(Collected data)
━━━━━━━━━━━━━━━━━━━━━━━━━━━━━━
-- ===== src/Nanopb/Reference/Presence.antt =====
-- Which fields the reference encoding has: the tests of encode_basic_field and of
-- pb_check_proto3_default_value of Kasei/Pods/nanopb/pb_encode.c.
use kaseiapp.Base.{
  ℕ, zero, suc, ◌+◌, ◌≡◌, refl, sym, ap, ap₂, ◌∙◌, arith, Bool, true, false, not, ◌&&◌, ◌||◌, ltb,
  ◌==◌, if◌then◌else◌,
}
use kaseiapp.Base.Memory.{Memory, ℤ, pos, negsuc, load, offset_by, is_zero_offset}
use kaseiapp.Nanopb.Pb.{
  FieldInfo, Ltype, bool, varint, uvarint, svarint, fixed32, fixed64, bytes, string, submessage,
  extension, fixed_length_bytes, Htype, required, optional, repeated, oneof, Atype, static, pointer,
  callback, invalid, is_packable,
}
use kaseiapp.Nanopb.Fields.{
  Fields, last, field, Ptr, null, value, submsg, chain, is_static, is_pointer, begin_data,
  data_after,
}
use kaseiapp.Nanopb.Field.{safe_read_bool}
use kaseiapp.Nanopb.Encode.{
  all_zero, static_default, singular_default, default_by_rule, check_default, all_default,
  sub_all_default, is_present, field_data, item_count,
}
use kaseiapp.Nanopb.Reference.{
  is_number, has_member, has_nonzero, has_content, has_data, array_set, is_set, any_set,
  sub_any_set, is_there_by, is_there, data_of, count_of,
}
use kaseiapp.Nanopb.Reference.Values.{is_number_lem}

not-not : (b : Bool) → not (not b) ≡ b
not-not true = refl
not-not false = refl

not-or : (a b : Bool) → (a && not b) ≡ not (not a || b)
not-or true b = refl
not-or false b = refl

and-not : (a b : Bool) → (not a && not b) ≡ not (a || b)
and-not true b = refl
and-not false b = refl

if-not :
    (b x y x' y' : Bool)
    → x ≡ not x'
    → y ≡ not y'
    → (if b then x else y) ≡ not (if b then x' else y')
if-not true x y x' y' hx hy = hx
if-not false x y x' y' hx hy = hy

flip_if :
    (b x y x' y' : Bool)
    → x ≡ not x'
    → y ≡ not y'
    → (if not b then x else y) ≡ not (if b then y' else x')
flip_if true x y x' y' hx hy = hy
flip_if false x y x' y' hx hy = hx

pub has_member_lem : (z : ℤ) → not (is_zero_offset z) ≡ has_member z
has_member_lem (pos n) = ground arith
has_member_lem (negsuc n) = refl

is_zero_lem : (n : ℕ) → (n == 0) ≡ not (ltb 0 n)
is_zero_lem n = ground arith

module _ (mem : Memory) where
  has_nonzero_lem : (p n : ℕ) → all_zero mem p n ≡ not (has_nonzero mem p n)
  unfolding all_zero has_nonzero
  has_nonzero_lem p zero = refl
  has_nonzero_lem p (suc n) =
      ap (λ (b : Bool). (mem p == 0) && b) (has_nonzero_lem (p + 1) n)
      ∙ not-or (mem p == 0) (has_nonzero mem (p + 1) n)

  module _ (info : FieldInfo) (sub_default sub_set : ℕ → Bool)
      (h : (q : ℕ) → sub_default q ≡ not (sub_set q)) (p : ℕ) where
    has_content_lem :
        (t : Ltype)
        → static_default mem info sub_default p t ≡ not (has_content mem info sub_set p t)
    has_content_lem bool = has_nonzero_lem p info.data_size
    has_content_lem varint = has_nonzero_lem p info.data_size
    has_content_lem uvarint = has_nonzero_lem p info.data_size
    has_content_lem svarint = has_nonzero_lem p info.data_size
    has_content_lem fixed32 = has_nonzero_lem p info.data_size
    has_content_lem fixed64 = has_nonzero_lem p info.data_size
    has_content_lem bytes = is_zero_lem (load mem p 4)
    has_content_lem string = sym (not-not (mem p == 0))
    has_content_lem submessage = h p
    has_content_lem extension = has_nonzero_lem p info.data_size
    has_content_lem fixed_length_bytes = is_zero_lem info.data_size

    by_allocation :
        (a : Atype)
        → (if is_static a
            then static_default mem info sub_default p info.ltype
            else if is_pointer a && not (is_packable info.ltype)
            then load mem p 8 == 0
            else all_zero mem p info.data_size)
          ≡ not (has_data mem info sub_set p a)
    by_allocation static = has_content_lem info.ltype
    by_allocation pointer =
        ap (λ (b : Bool). if not b then load mem p 8 == 0 else all_zero mem p info.data_size)
          (is_number_lem info.ltype)
        ∙ flip_if (is_number info.ltype) _ _ (not (load mem p 8 == 0)) _
            (sym (not-not (load mem p 8 == 0))) (has_nonzero_lem p info.data_size)
    by_allocation callback = has_nonzero_lem p info.data_size
    by_allocation invalid = has_nonzero_lem p info.data_size

    has_data_lem :
        singular_default mem info sub_default p ≡ not (has_data mem info sub_set p info.atype)
    has_data_lem = by_allocation info.atype

    array_set_lem :
        (a : Atype)
        → info.atype ≡ a
        → (if is_static a then false else singular_default mem info sub_default p)
          ≡ not (array_set mem info sub_set p a)
    array_set_lem static e = refl
    array_set_lem pointer e =
        has_data_lem ∙ ap (λ (a : Atype). not (has_data mem info sub_set p a)) e
    array_set_lem callback e =
        has_data_lem ∙ ap (λ (a : Atype). not (has_data mem info sub_set p a)) e
    array_set_lem invalid e =
        has_data_lem ∙ ap (λ (a : Atype). not (has_data mem info sub_set p a)) e

    is_set_lem :
        (rule : Htype)
        → default_by_rule mem info sub_default p rule ≡ not (is_set mem info sub_set p rule)
    unfolding safe_read_bool
    is_set_lem required = refl
    is_set_lem optional =
        rw (has_member_lem info.size_offset)
          (if-not (has_member info.size_offset) _ _ _ _ refl has_data_lem)
    is_set_lem repeated = rw (has_member_lem info.size_offset) (
        if-not (has_member info.size_offset) _ _ _ _ (sym (not-not _))
          (array_set_lem info.atype refl))
    is_set_lem oneof = sym (not-not _)

    pub check_default_lem :
        check_default mem info sub_default p ≡ not (is_set mem info sub_set p info.htype)
    unfolding check_default
    check_default_lem = is_set_lem info.htype

    is_there_by_lem :
        (a : Atype)
        → info.atype ≡ a
        → (if is_pointer a
            then not (load mem p 8 == 0)
            else not (singular_default mem info sub_default p))
          ≡ is_there_by mem info sub_set p a
    is_there_by_lem pointer e = refl
    is_there_by_lem static e =
        ap not has_data_lem ∙ not-not _ ∙ ap (λ (a : Atype). has_data mem info sub_set p a) e
    is_there_by_lem callback e =
        ap not has_data_lem ∙ not-not _ ∙ ap (λ (a : Atype). has_data mem info sub_set p a) e
    is_there_by_lem invalid e =
        ap not has_data_lem ∙ not-not _ ∙ ap (λ (a : Atype). has_data mem info sub_set p a) e

    same_else :
        (b c x : Bool) (y : Bool → Bool) (z : Bool)
        → b ≡ c
        → (c ≡ false → y b ≡ z)
        → (if b then x else y b) ≡ (if c then x else z)
    same_else true true x y z e k = refl
    same_else false false x y z e k = k refl
    same_else true false x y z e k = cc
    same_else false true x y z e k = cc

    pub is_there_lem :
        info.htype ≡ optional → is_present mem info sub_default p ≡ is_there mem info sub_set p
    unfolding safe_read_bool check_default
    is_there_lem e =
        same_else (not (is_zero_offset info.size_offset)) (has_member info.size_offset)
          (not (mem (offset_by p info.size_offset) == 0))
          (λ member.
            if is_pointer info.atype
            then not (load mem p 8 == 0)
            else not (check_default mem info sub_default p))
          (is_there_by mem info sub_set p info.atype) (has_member_lem info.size_offset) without
      where
        by_optional :
            has_member info.size_offset ≡ false
            → check_default mem info sub_default p ≡ singular_default mem info sub_default p
        by_optional none =
            ap (default_by_rule mem info sub_default p) e
            ∙ rw (has_member_lem info.size_offset, none) refl

        without :
            has_member info.size_offset ≡ false
            → (if is_pointer info.atype
                then not (load mem p 8 == 0)
                else not (check_default mem info sub_default p))
              ≡ is_there_by mem info sub_set p info.atype
        without none = rw (by_optional none) (is_there_by_lem info.atype refl)

  mutual
    unfolding all_default any_set

    any_set_lem : (fields : Fields) (p : ℕ) → all_default mem fields p ≡ not (any_set mem fields p)
    any_set_lem last p = refl
    any_set_lem (field info ptr rest) p =
        ap₂ ◌&&◌
          (check_default_lem info (sub_all_default mem ptr) (sub_any_set mem ptr)
            (sub_any_set_lem ptr) p)
          (any_set_lem rest (data_after info rest p))
        ∙ and-not _ _

    pub sub_any_set_lem :
        (ptr : Ptr) (p : ℕ) → sub_all_default mem ptr p ≡ not (sub_any_set mem ptr p)
    sub_any_set_lem null p = refl
    sub_any_set_lem (value a) p = refl
    sub_any_set_lem (submsg fields) p = any_set_lem fields (begin_data fields p)
    sub_any_set_lem (chain exts) p = refl

  by_pointer : (p : ℕ) (a : Atype) → (if is_pointer a then load mem p 8 else p) ≡ data_of mem p a
  by_pointer p static = refl
  by_pointer p pointer = refl
  by_pointer p callback = refl
  by_pointer p invalid = refl

  pub data_of_lem : (info : FieldInfo) (p : ℕ) → field_data mem info p ≡ data_of mem p info.atype
  data_of_lem info p = by_pointer p info.atype

  pub count_of_lem : (info : FieldInfo) (p : ℕ) → item_count mem info p ≡ count_of mem info p
  count_of_lem info p =
      ap (λ (b : Bool). if b then load mem (offset_by p info.size_offset) 4 else info.array_size)
        (has_member_lem info.size_offset)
━━━━━━━━━━━━━━━━━━━━━━━━━━━━━━
→ Problem description
Number of lines holding "none" in the data: give it, with nothing else.

→ Worked solution
3